Equally or even more important than the reported trials is the unreported experience with
single dose primaquine. Trainloads of primaquine have been used in mass drug
administrations in China, Russia and North Korea during the second half of the last century.
These mass drug administration coincided with a nadir in individual rights when the benefit
of the community had a higher priority than individual health risks. A safety assessment of
these huge campaigns is difficult and the completeness of adverse events data is hard to
assess. The WHO experts commissioned a safety review of all documents related to
primaquine use archived by the League of Nations and its successor the WHO. The review
found 13 deaths associated with primaquine administrations and estimated the risk of death
around 1:700,000 with considerable uncertainty surrounding the denominator (Recht J,
Ashley E, White NJ. unpublished). It is expected that the review will be made available with
the revised WHO guidelines. Malaria has been eliminated from the former Soviet republics,
and has reached very low levels in China, suggesting but not proving an effect of single dose
primaquine on malaria transmission.
Evidence for the efficacy of small primaquine doses comes from the review of the historical
literature. More recent, unpublished laboratory work in Jiangsu province, China suggests that
a single primaquine dose of 0.125mg/kg or even less can reliably kill oocytes and
gametocytes. Whether the large amounts of primaquine administered in the last century have
resulted elsewhere in primaquine resistant P.falciparum strains has yet to be explored.

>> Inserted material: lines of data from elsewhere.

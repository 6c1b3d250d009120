-- ===== src/Transfer/Assembly.antt =====
-- The parts of a parallel download make up the object.
use monty_pod.Common.{
  Bool, Bool-cases, List, Option, String, [], ap, arith, false, if◌then◌else◌, inl, inr, length,
  none, some, subst, suc, sym, true, zero, ℕ, ◌+◌, ◌-◌, ◌==◌, ◌∙◌, ◌∷◌, ◌≡◌, ◌≤◌,
}
use monty_pod.Transfer.Ranged.{
  assembled, counted, download_ranged, is_exact_range, is_part, or_again, part_attempt,
  range_part_attempts, ranged_worker, renamed, run_parts, then_part, write_at, zeros,
}
use monty_pod.Transfer.Integrity.{
  Honest, HonestReply, TotalIs, sends_other, sends_part, sends_whole,
}
use monty_pod.Transfer.Download.{Reply, Response, answered, unreachable}
use monty_pod.Transfer.Ranges.{
  Tiles, range_bounds, range_bounds_partition, ranged_download_bounds, ranged_width,
}
use monty_pod.Transfer.Placed.{
  Left, Placed, all-Placed, exact_range-fields, fewer-Placed, is_part-fields, same_etag,
  written-Left, written-Placed, zeros-Placed,
}

module _ (obj : String → List ℕ) (etag : String) where
  part_written-Placed :
      (r : Response) (first last total : ℕ) (file : List ℕ)
      → Honest obj r
      → is_part r first last total etag ≡ true
      → Placed (obj etag) first total file
      → (length (obj etag) ≡ total)
        × Placed (obj etag) (first + length r.body) total (write_at first r.body file)
  part_written-Placed r first last total file (sends_whole e rest ok plain tag begins told) good p =
      let (ok', _, _) = is_part-fields r first last total etag good in absurd (omega arith)
  part_written-Placed r first last total file (sends_other a b) good p =
      let (ok', _, _) = is_part-fields r first last total etag good in absurd (ground (arith))
  part_written-Placed r first last total file
        (sends_part e before rest last' t ok tag range begins told) good p =
      let (_, tag', range') = is_part-fields r first last total etag good in
      let same : e ≡ etag = same_etag r.etag e etag tag tag' in
      let (here, _, is_total) =
        exact_range-fields (length before) last' first last total true t
          (subst (λ x. is_exact_range x first last total ≡ true) range range') in
      let size : length (obj etag) ≡ total =
        ap (λ x. length (obj x)) (sym same)
        ∙ sym (subst (λ x. TotalIs x (length (obj e))) is_total told) in
      (
        size,
        written-Placed (obj etag) first total file r.body rest before here (begins ∙ ap obj same)
            size p,
      )

  part_attempt-Left :
      (reply : Reply) (first last total : ℕ) (file : List ℕ)
      → HonestReply obj reply
      → first ≤ last
      → Placed (obj etag) first total file
      → Left (obj etag) first last total (part_attempt reply first last total etag file)
  unfolding part_attempt
  part_attempt-Left unreachable first last total file honest order p = p
  part_attempt-Left (answered r) first last total file honest order p =
      elim (Bool-cases (is_part r first last total etag)) [
        | inr bad ↦ rw (bad, part_attempt) p
        | inl good ↦
            let after = part_written-Placed r first last total file honest good p in
            rw (good, part_attempt)
              (written-Left (obj etag) first last total (length r.body) r.cut
                (write_at first r.body file) order
                (fewer-Placed (obj etag) first (length r.body) total (write_at first r.body file)
                  after.1)
                after)
      ]

  again-Left :
      (left : Bool × List ℕ) (again : List ℕ → Bool × List ℕ) (first last total : ℕ)
      → Left (obj etag) first last total left
      → ((file : List ℕ)
          → Placed (obj etag) first total file
          → Left (obj etag) first last total (again file))
      → Left (obj etag) first last total (or_again left again)
  again-Left (true, file) again first last total p next = p
  again-Left (false, file) again first last total p next = next file p

  ranged_worker-Left :
      (i n : ℕ) (replies : ℕ → Reply) (first last total : ℕ) (file : List ℕ)
      → ((k : ℕ) → HonestReply obj (replies k))
      → first ≤ last
      → Placed (obj etag) first total file
      → Left (obj etag) first last total (ranged_worker i n replies first last total etag file)
  unfolding ranged_worker
  ranged_worker-Left i zero replies first last total file honest order p = p
  ranged_worker-Left i (suc n) replies first last total file honest order p =
      again-Left (part_attempt (replies i) first last total etag file) _ first last total
        (part_attempt-Left (replies i) first last total file (honest i) order p)
        (λ left q. ranged_worker-Left (i + 1) n replies first last total left honest order q)

  abbrev Counted : (List ℕ → Type 0) → Option (ℕ × List ℕ) → Type 0
  Counted P none = Unit
  Counted P (some (moved, file)) = P file

  counted-Counted :
      (P : List ℕ → Type 0) (size : ℕ) (end : Option (ℕ × List ℕ))
      → Counted P end
      → Counted P (counted size end)
  counted-Counted P size none p = tt
  counted-Counted P size (some (moved, file)) p = p

  Counted-map :
      (P Q : List ℕ → Type 0) (end : Option (ℕ × List ℕ))
      → ((file : List ℕ) → P file → Q file)
      → Counted P end
      → Counted Q end
  Counted-map P Q none f p = tt
  Counted-map P Q (some (moved, file)) f p = f file p

  then_part-Counted :
      (P : List ℕ → Type 0) (size first last total : ℕ) (left : Bool × List ℕ)
      (rest : List ℕ → Option (ℕ × List ℕ))
      → Left (obj etag) first last total left
      → ((file : List ℕ)
          → length (obj etag) ≡ total
          → Placed (obj etag) (last + 1) total file
          → Counted P (rest file))
      → Counted P (then_part size left rest)
  then_part-Counted P size first last total (false, file) rest p next = tt
  then_part-Counted P size first last total (true, file) rest (told, p) next =
      counted-Counted P size (rest file) (next file told p)

  run_parts-Placed :
      (bounds : List (ℕ × ℕ)) (k from total : ℕ) (replies : ℕ → ℕ → Reply) (file : List ℕ)
      → ((part i : ℕ) → HonestReply obj (replies part i))
      → Tiles from total bounds
      → Placed (obj etag) from total file
      → Counted (Placed (obj etag) total total) (run_parts bounds k replies total etag file)
  unfolding run_parts
  run_parts-Placed [] k from total replies file honest e p =
      subst (λ at. Placed (obj etag) at total file) e p
  run_parts-Placed ((a, b) ∷ bounds) k from total replies file honest (e, le, lt, tiles) p =
      then_part-Counted (Placed (obj etag) total total) (b - a + 1) a b total _ _
        (ranged_worker-Left 0 range_part_attempts (replies k) a b total file (honest k) le
          (subst (λ at. Placed (obj etag) at total file) (sym e) p))
        (λ left told q. run_parts-Placed bounds (k + 1) (b + 1) total replies left honest tiles q)

  IsWhole : ℕ → List ℕ → Type 0
  IsWhole total file = (file ≡ obj etag) × (length (obj etag) ≡ total)

  run_parts-IsWhole :
      (bounds : List (ℕ × ℕ)) (total : ℕ) (replies : ℕ → ℕ → Reply)
      → 1 ≤ total
      → ((part i : ℕ) → HonestReply obj (replies part i))
      → Tiles 0 total bounds
      → Counted (IsWhole total) (run_parts bounds 0 replies total etag (zeros total))
  unfolding run_parts IsWhole
  run_parts-IsWhole [] total replies h honest e = absurd (omega arith)
  run_parts-IsWhole ((a, b) ∷ bounds) total replies h honest (e, le, lt, tiles) =
      then_part-Counted (IsWhole total) (b - a + 1) a b total _ _
        (ranged_worker-Left 0 range_part_attempts (replies 0) a b total (zeros total) (honest 0) le
          (subst (λ at. Placed (obj etag) at total (zeros total)) (sym e)
            (zeros-Placed (obj etag) total)))
        (λ left told q.
          Counted-map (Placed (obj etag) total total) (IsWhole total) _
            (λ file all. (all-Placed (obj etag) file total told all, told))
            (run_parts-Placed bounds 1 (b + 1) total replies left honest tiles q))

  renamed-IsWhole :
      (total : ℕ) (end : Option (ℕ × List ℕ)) (file : List ℕ)
      → Counted (IsWhole total) end
      → renamed total end ≡ some file
      → IsWhole total file
  renamed-IsWhole total none file p e = absurd (cc)
  renamed-IsWhole total (some (moved, held)) file p e = elim (Bool-cases (moved == total)) [
    | inl same ↦
        let kept : some held ≡ some file =
          subst (λ b. (if b then some held else none) ≡ some file) same e in
        let held_file : held ≡ file = cc in subst (IsWhole total) held_file p
    | inr other ↦
        let gone : none ≡ some file =
          subst (λ b. (if b then some held else none) ≡ some file) other e in
        absurd (cc)
  ]

pub assembled_is_whole :
    (obj : String → List ℕ) (etag : String) (width total : ℕ) (replies : ℕ → ℕ → Reply)
    (file : List ℕ)
    → 1 ≤ width
    → 1 ≤ total
    → ((part i : ℕ) → HonestReply obj (replies part i))
    → assembled width total etag replies ≡ some file
    → (file ≡ obj etag) × (length (obj etag) ≡ total)
unfolding assembled IsWhole
assembled_is_whole obj etag width total replies file h k honest returned =
    let bounds = range_bounds_partition total width k h in
    renamed-IsWhole obj etag total _ file
      (run_parts-IsWhole obj etag (range_bounds total width) total replies k honest bounds.0)
      returned

-- `_download_ranged` by at least one worker, of a total of at least one byte that was told when the
-- version `etag` was pinned; every answer is one that the rules of HTTP allow for some version of the
-- object: a download that succeeds renames to `dest` the whole object of the pinned version and
-- nothing else, and the total is the length of that version.
pub ranged_download_is_whole :
    (obj : String → List ℕ) (etag : String) (workers total : ℕ) (replies : ℕ → ℕ → Reply)
    (file : List ℕ)
    → 1 ≤ workers
    → 1 ≤ total
    → ((part i : ℕ) → HonestReply obj (replies part i))
    → download_ranged workers total etag replies ≡ some file
    → (file ≡ obj etag) × (length (obj etag) ≡ total)
unfolding download_ranged
ranged_download_is_whole obj etag workers total replies file h k honest returned =
    assembled_is_whole obj etag (ranged_width workers total) total replies file
      (ranged_download_bounds workers total h).0 k honest returned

When asked why the experts felt an urgent need to change the treatment guidelines for single
dose primaquine the emergence of artemisinin resistant P.falciparum strains and their spread
in South East Asia was mentioned. This threat has triggered series of high level meetings yet
no viable containment plan has so far emerged. Adding a single dose of primaquine to the
treatment of falciparum malaria is recommended in many countries but in practice this is
rarely done. Furthermore a substantial proportion of gametocyte carriers are subclinically
infected and very low gametocyte densities cant be detected by microscopy or PCR of dried
blood spots. Eliminating this gametocyte reservoir will require mass drug administrations
which will probably need to include primaquine. However, uncertain about the safety of
primaquine, practitioners are reluctant to prescribe it and policy makers, well aware of the
consequences of adverse events caused by public health measures, shy away from
recommending the administration of primaquine.
Members of the WHO expert group believe that a reduced single dose primaquine will find
wider acceptance than the previously recommended dose and will thus help to contain the
spread of artemisinin resistance. They also feel that the spread of artemisinin resistance
represents a sufficiently big threat not to wait for more current data. To retain credibility the
WHO would be well advised to make without delay the data available on which the proposed
changes in treatment guidelines are based. How the WHO identifies and selects their experts
is not transparent and several emails to explore this selection process didnt result in a
satisfactory answer. Changes in guidelines may reach wider acceptance if they are the result
of a transparent process. Time will tell whether a recommendation to reduce the dose of
primaquine by two thirds has any impact on the spread of artemisinin resistance. A much
more courageous strategy may be needed to prevent a health disaster.